To do this we look in the “*.xml” directory and then… load the file and then save it? The belief the thing about this code is that it corrects the spaces, because we need some spaces later – but the .NET XML writer doesn’t add spaces, it just keeps them, so I suspect this line is not needed – or at least it shouldn’t be. I can imagine a world where this somehow makes the code work for reasons best not to think about.

Owe writes to the previous developers: “Thanks guys, I really appreciate this!”

Now, since we’re iterating through the entire directory of XML files, some files were previously merged (and need to be unlinked) and others were not merged at all. How do we distinguish them? We find each element named “REC” and check that its “NAME” attribute is equivalent to ours _mainLevel value. If there are at least two such elements, we know that this file was previously merged and therefore needs to be unmerged.

Owe writes: “Thanks guys, I really appreciate this!”

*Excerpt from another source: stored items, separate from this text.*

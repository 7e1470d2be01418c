-- ===== src/MemLogFile.antt =====
-- mem_log_file.rs: a log in memory, one buffer for each command.
pub mod Laws
use Prim.Native.Nat.{◌*◌}
use block_rust.Base.{
  ℕ, ◌+◌, ◌-◌, ◌^◌, ltb, if◌then◌else◌, Bool, true, false, Option, none, some, List, [], ◌∷◌, ◌++◌,
  length, get_elem?, u64_mod, checked_add, Outcome, ok, err, panic, Error, no_command, codec, ok_or,
  expect, ◌>>=◌, ◌≡◌,
}
use block_rust.Base.Exec
use block_rust.Base.Exec.{Exec}
use block_rust.Types.{Address}
use block_rust.LogFile.{LogFile}

-- `serde_cbor::to_vec` and `from_slice` at the type of the commands: what is encoded is decoded again.
pub record Codec (Cmd : Type 0) : Type 0 where
  pub to_vec : Cmd → Outcome (List ℕ)
  pub from_slice : List ℕ → Outcome Cmd
  pub round_trip : (cmd : Cmd) (bin : List ℕ) → to_vec cmd ≡ ok bin → from_slice bin ≡ ok cmd

-- `State` is its buffers.
abbrev pub State : Type 0
State = List (List ℕ)

-- `Vec::push` panics when the vector would pass `isize::MAX` bytes; a buffer's header takes 24.
unfoldable pub has_room : State → Bool
has_room buffers = ltb (24 * (length buffers + 1)) (2 ^ 63)

unfoldable pub is_empty : State → Outcome Bool
is_empty [] = ok true
is_empty (b ∷ buffers) = ok false

abbrev pub push_buffer : Outcome (List ℕ) → Exec State Address
push_buffer (ok bin) buffers =
    if has_room buffers
    then (ok (length (buffers ++ bin ∷ []) - 1), buffers ++ bin ∷ [])
    else (panic, buffers)
push_buffer (err e) buffers = (err e, buffers)
push_buffer panic buffers = (panic, buffers)

module _ {Cmd : Type 0} (c : Codec Cmd) where
  unfoldable pub append : Cmd → Exec State Address
  unfolding has_room
  append cmd = push_buffer (c.to_vec cmd)

  unfoldable pub read_at : Address → State → Outcome (Cmd × Option Address)
  read_at addr buffers = do
    bin ← ok_or (get_elem? buffers addr) no_command
    cmd ← c.from_slice bin
    next ← expect (checked_add u64_mod addr 1)
    ok (cmd, elim (get_elem? buffers next) [ none ↦ none | some b ↦ some next ])

-- `create`.
abbrev pub create : {Cmd : Type 0} → Codec Cmd → LogFile Cmd
create c = record {
  State = State;
  is_empty = is_empty;
  append = append c;
  read_at = read_at c;
  sync = λ s. ok tt;
}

And then we get into the dreaded regular expression parsing of XML. This is done because XML files are not actually valid XML. So it’s a mix of string operations and regular expression matching to try to interpret the data. And remember that space we thought we needed when we were printing documents? So here’s why: our regular expressions match on whitespace.

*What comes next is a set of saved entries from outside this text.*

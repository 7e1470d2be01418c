-- ===== src/MemLogFile/Laws.antt =====
-- mem_log_file.rs: the log in memory is an append-only log, and a replay yields what was appended.
use block_rust.Base.{
  ℕ, ◌+◌, ◌≡◌, refl, ap, ◌∙◌, ◌⊎◌, inl, inr, true, Option, none, some, List, [], ◌∷◌, ◌++◌, arith,
  length, get_elem?, get_elem?-append_left, get_elem?-append_self, length-append, u64_mod, Outcome,
  ok, err, panic, Error, Option-cases, ltb, if◌then◌else◌, Bool-cases,
}
use block_rust.Types.{Address}
use block_rust.LogFile.{IsLog}
use block_rust.MemLogFile.{Codec, State, append, read_at, create, push_buffer, has_room}

module _ {Cmd : Type 0} (c : Codec Cmd) where
  decoded : Outcome Cmd → Option Cmd
  decoded (ok cmd) = some cmd
  decoded (err e) = none
  decoded panic = none

  -- The command at an address whose successor is an address too.
  unfoldable pub entry_at : State → Address → Option Cmd
  unfolding decoded
  entry_at buffers a =
      if ltb (a + 1) u64_mod
      then elim (get_elem? buffers a) [ none ↦ none | some bin ↦ decoded (c.from_slice bin) ]
      else none

  entry_at-append :
      (buffers : State) (bin : List ℕ) (cmd : Cmd) (a : Address)
      → entry_at buffers a ≡ some cmd
      → entry_at (buffers ++ bin ∷ []) a ≡ some cmd
  unfolding entry_at
  entry_at-append buffers bin cmd a h = elim (Option-cases (get_elem? buffers a)) [
    | inl e ↦ ground arith
    | inr (b, e) ↦ ground (arith, get_elem?-append_left a buffers (bin ∷ []) b e)
  ]

  append_keeps :
      (s : State) (cmd cmd' : Cmd) (a : Address)
      → entry_at s a ≡ some cmd'
      → entry_at (append c cmd s).1 a ≡ some cmd'
  unfolding append
  append_keeps s cmd cmd' a h = go (c.to_vec cmd)
    where
      go : (r : Outcome (List ℕ)) → entry_at (push_buffer r s).1 a ≡ some cmd'
      go (ok bin) = elim (Bool-cases (has_room s)) [
        | inl room ↦ ground (arith, entry_at-append s bin cmd' a h)
        | inr full ↦ ground arith
      ]
      go (err e) = h
      go panic = h

  entry_at-last :
      (s : State) (cmd : Cmd) (bin : List ℕ) (a : Address)
      → c.to_vec cmd ≡ ok bin
      → a ≡ length s
      → has_room s ≡ true
      → entry_at (s ++ bin ∷ []) a ≡ some cmd
  unfolding entry_at has_room
  entry_at-last s cmd bin a e h room =
      let small : ltb (a + 1) u64_mod ≡ true = ground arith in
      let here : get_elem? (s ++ bin ∷ []) a ≡ some bin =
        ap (get_elem? (s ++ bin ∷ [])) h ∙ get_elem?-append_self s bin in
      ground (arith, small, here, c.round_trip cmd bin e)

  append_entry :
      (s : State) (cmd : Cmd) (a : Address)
      → (append c cmd s).0 ≡ ok a
      → entry_at (append c cmd s).1 a ≡ some cmd
  unfolding append
  append_entry s cmd a h = go (c.to_vec cmd) refl h
    where
      go :
          (r : Outcome (List ℕ))
          → c.to_vec cmd ≡ r
          → (push_buffer r s).0 ≡ ok a
          → entry_at (push_buffer r s).1 a ≡ some cmd
      go (ok bin) e h = elim (Bool-cases (has_room s)) [
        | inr full ↦ ground arith
        | inl room ↦
            rw room (entry_at-last s cmd bin a e (ground (arith, length-append s (bin ∷ []))) room)
      ]
      go (err e') e h = ground arith
      go panic e h = ground arith

  read_entry :
      (s : State) (cmd : Cmd) (a : Address)
      → entry_at s a ≡ some cmd
      → ((next : Option Address) × (read_at c a s ≡ ok (cmd, next)))
        ⊎ ((e : Error) × (read_at c a s ≡ err e))
  unfolding entry_at read_at
  read_entry s cmd a h =
      inl (elim (get_elem? s (a + 1)) [ none ↦ none | some b ↦ some (a + 1) ], ground arith)

  -- The log in memory keeps each command at its address, and reads it back.
  pub create-IsLog : IsLog (create c)
  create-IsLog = record {
    entry = entry_at;
    append_keeps = append_keeps;
    append_entry = append_entry;
    read_entry = read_entry;
  }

Owe writes: “Thanks guys, I really appreciate this!”

Once we’ve constructed all the documents in memory, we can dump them into a new set of files. And then, once that’s done, we can open those files again, because now the merge is happening. Here we find all “REC” elements and build new XML documents based on them. Then a MergeSorter::MergeSort the function actually does the merge – and frankly, I dread to think what that looks like.

The merge sorter sorts the documents, but we actually want to output a single document with the elements in that sorted order, so we create a final XML document, iterate through all of our sorted document fragments, and then insert “REC” elements into the output .

Owe writes: “Thanks guys, I really appreciate this!”

Even though the code and the whole process here are terrible, the core of the WTF is “we need to store our XML with elements arranged in a certain order”. XML is not for that. But apparently, they don’t know what XML is for, since they do things in their documents that an XML parser can’t successfully parse. Or, perhaps more accurately, they couldn’t understand out how to parse as XML, hence regular expressions and string deletion.

If the docs were sensible, the whole thing could probably be solved with some fairly simple (by XML standards) XQuery/XSLT operations. Instead, we have this. Thanks guys, I really appreciate this.